David Tarantino: Makes sense. Thank you.

Operator: Thank you. Our next question comes from Jeffrey Bernstein with Barclays.

Jeffrey Bernstein: Great. Thank you very much. Two questions. The first one, just on the implied fourth quarter earnings guidance, looks like that’s growth of maybe 8% to 15%. I know last quarter, you talked about maybe the third quarter and the fourth quarter should be pretty even in terms of growth both quarters. The third quarter grew 21%. So, it just looks like you’re maybe tempering the earnings growth algo for the fourth quarter relative to the third. Just wondering whether you view that as conservatism or perhaps it’s the modest uptick in inflation. Kind of how you think about the sequential trend from an earnings perspective in the fourth relative to the third quarter? And then, I had one follow-up.

Raj Vennam: Hey Jeff. It’s actually what you said. It’s the commodities inflation. We did — as we said last call, we thought Q4 was going to be flat, closer to flat. And then now that we’re saying that’s in the — solidly in the low single digits. So, when you kind of layer that in, that’s where the growth is a little bit less. But outside of — that’s really the primary dynamic that’s different.

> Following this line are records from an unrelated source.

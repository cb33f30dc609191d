-- ===== src/Ws/EndToEnd.antt =====
-- A message that one side sends is the message that the other side receives.
use vericonnect_agent.Common.{ok}
use vericonnect_agent.Net.{Net, Delivers}
use vericonnect_agent.Prelude.{
  ℕ, zero, suc, ◌≤◌, ◌<◌, Bool, true, false, Option, some, List, [], ◌∷◌, ◌++◌, ◌≡◌, ◌≢◌, refl,
  subst, inl, inr, ◌⊎◌, Bytes, length, drop, min, length-drop, All, arith,
}
use vericonnect_agent.Ws.Recv.Reassembly.{recv_message}
use vericonnect_agent.Ws.Recv.{data_type, recv}
use vericonnect_agent.Ws.Send.Fragments.{Fits, fragments, message_frames, message_frames-Carries}
use vericonnect_agent.Ws.Frame.Wire.{AreOnWire}
use vericonnect_agent.Ws.Frame.{frame_bytes}
use vericonnect_agent.Ws.Send.Wire.{Wrote, none_left, one_more, send_written}
use vericonnect_agent.Ws.Send.{opcode_of, send}
use vericonnect_agent.Ws.{Ws, WsFrame, MsgType, text, binary, close, k_frag_size, k_max_msg}

-- Frames that were written are on the wire, each masked.
Wrote-AreOnWire : {fs : List WsFrame} {bs : Bytes} → Wrote fs bs → AreOnWire fs bs
Wrote-AreOnWire (none_left e) = e
Wrote-AreOnWire (one_more {rest = r} mask four wr e) =
    (frame_bytes _ _ mask _, r, inl (mask, four, refl), Wrote-AreOnWire wr, e)

Fits-capped : (fs : List WsFrame) → Fits fs → All (λ f. length f.payload ≤ k_max_msg) fs
Fits-capped [] h = tt
Fits-capped (f ∷ fs) h = (omega (arith, h.0), Fits-capped fs h.1)

length-fragments :
    (f op : ℕ) (first : Bool) (rest : Bytes) → length (fragments f op first rest) ≤ length rest
unfolding fragments
length-fragments zero op first rest = omega arith
length-fragments (suc f) op first [] = omega arith
length-fragments (suc f) op first (b ∷ bs) =
    let k = min k_frag_size (length (b ∷ bs)) in
    omega (arith, length-fragments f op false (drop k (b ∷ bs)), length-drop k (b ∷ bs))

length-message_frames :
    (op : ℕ) (payload : Bytes) → length (message_frames op payload) ≤ suc (length payload)
unfolding message_frames
length-message_frames op payload = ground (arith, length-fragments (length payload) op true payload)

data_type-opcode_of : (type : MsgType) → type ≢ close → data_type (opcode_of type) ≡ type
data_type-opcode_of text h = refl
data_type-opcode_of binary h = refl
data_type-opcode_of close h = absurd (h refl)

data_opcode : (type : MsgType) → (opcode_of type ≡ 0x1) ⊎ (opcode_of type ≡ 0x2)
data_opcode text = inl refl
data_opcode binary = inr refl
data_opcode close = inr refl

module _ (n : Net) (d : Delivers n) (m : Net) where
  -- A successful send of a text or binary message of any size, over a transport that delivers,
  -- adds bytes to the wire from which an open receiver, over any transport, gets that message
  -- back: same type, same payload, in one call of recv, with the bytes behind it left in the
  -- buffer. One more unit of fuel than the payload has bytes is enough.
  pub recv-send :
      (ws : Ws n) (type : MsgType) (payload : Bytes) (w : n.World)
      → type ≢ close
      → (send n ws type payload w).0 ≡ ok tt
      → (bs : Bytes) × (d.written ws.transport (send n ws type payload w).1
          ≡ d.written ws.transport w ++ bs)
        × ((peer : Ws m) (fuel : ℕ) (limit : Option ℕ) (tail : Bytes) (v : m.World)
            → length payload < fuel
            → peer.closed ≡ false
            → peer.buffered ≡ bs ++ tail
            → recv m fuel peer limit v ≡ (
              some
                  (record peer { buffered = tail }, ok (record { type = type; payload = payload })),
              (m.monotonic_ms v).1,
            ))
  recv-send ws type payload w h sent =
      let (bs, wrote, e) = send_written n d ws type payload w sent in
      let (carries, fits) = message_frames-Carries (opcode_of type) payload in
      (
        bs,
        e,
        λ peer fuel limit tail v enough open_ front.
            subst
              (λ t. recv m fuel peer limit v ≡ (
                some (record peer { buffered = tail }, ok (record { type = t; payload = payload })),
                (m.monotonic_ms v).1,
              ))
              (data_type-opcode_of type h)
              (recv_message m fuel peer limit bs tail v (data_opcode type) carries
                (Wrote-AreOnWire wrote) (Fits-capped (message_frames (opcode_of type) payload) fits)
                (omega (arith, length-message_frames (opcode_of type) payload)) open_ front),
      )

Jeffrey Bernstein: Understood. And then just following up on the macro question with interest rates still on the rise. I’m just wondering how does that impact your business or how you manage it, if at all, in terms of new unit growth, which seems to still be stable or how you think about borrowings or whether you think it impacts consumer behavior, maybe any return of cash decisions? Like, how does that come into play, if at all, as you manage the business? Thank you.

Rick Cardenas: Yes. Jeff, this is Rick. The interest rates really aren’t making a huge impact in our business. We actually have a significant balance in cash. So, higher interest rates has actually given us a little bit more interest over time. You think about our new restaurant openings that we have seen inflation, as Raj mentioned. And so, we’re being prudent in looking at some of these deals and saying, you know what, we might wait just a little bit of time to see if we can get a second bid sometimes during this year, we’re only getting one bid for some of these sites. So we want to be prudent. But the interest rates really haven’t done anything for us. And if you think about the consumer, they’re still spending. We’ll see what happens when these credit card balances, which were at record highs in December, come due, but they’re still spending today.

So, so far, nothing in our space. As it pertains to return of cash, we have a very strong dividend as we announced it again today. We feel like that’s one way we return our cash to shareholders. We’ll talk about our capital returns coming up in June. But it hasn’t really changed our outlook and what we think about our long-term framework. So, if you go back to our framework and how we return cash to shareholders, we’ve got targets for our rough dividend as a percent of our earnings and how much we buy back in shares. This year, we’ve bought back somewhere in the $400-and-some-odd million and our share count target that we gave you would imply a little bit more in the fourth quarter. But we’ll talk more about our return on cash and our long-term framework in June.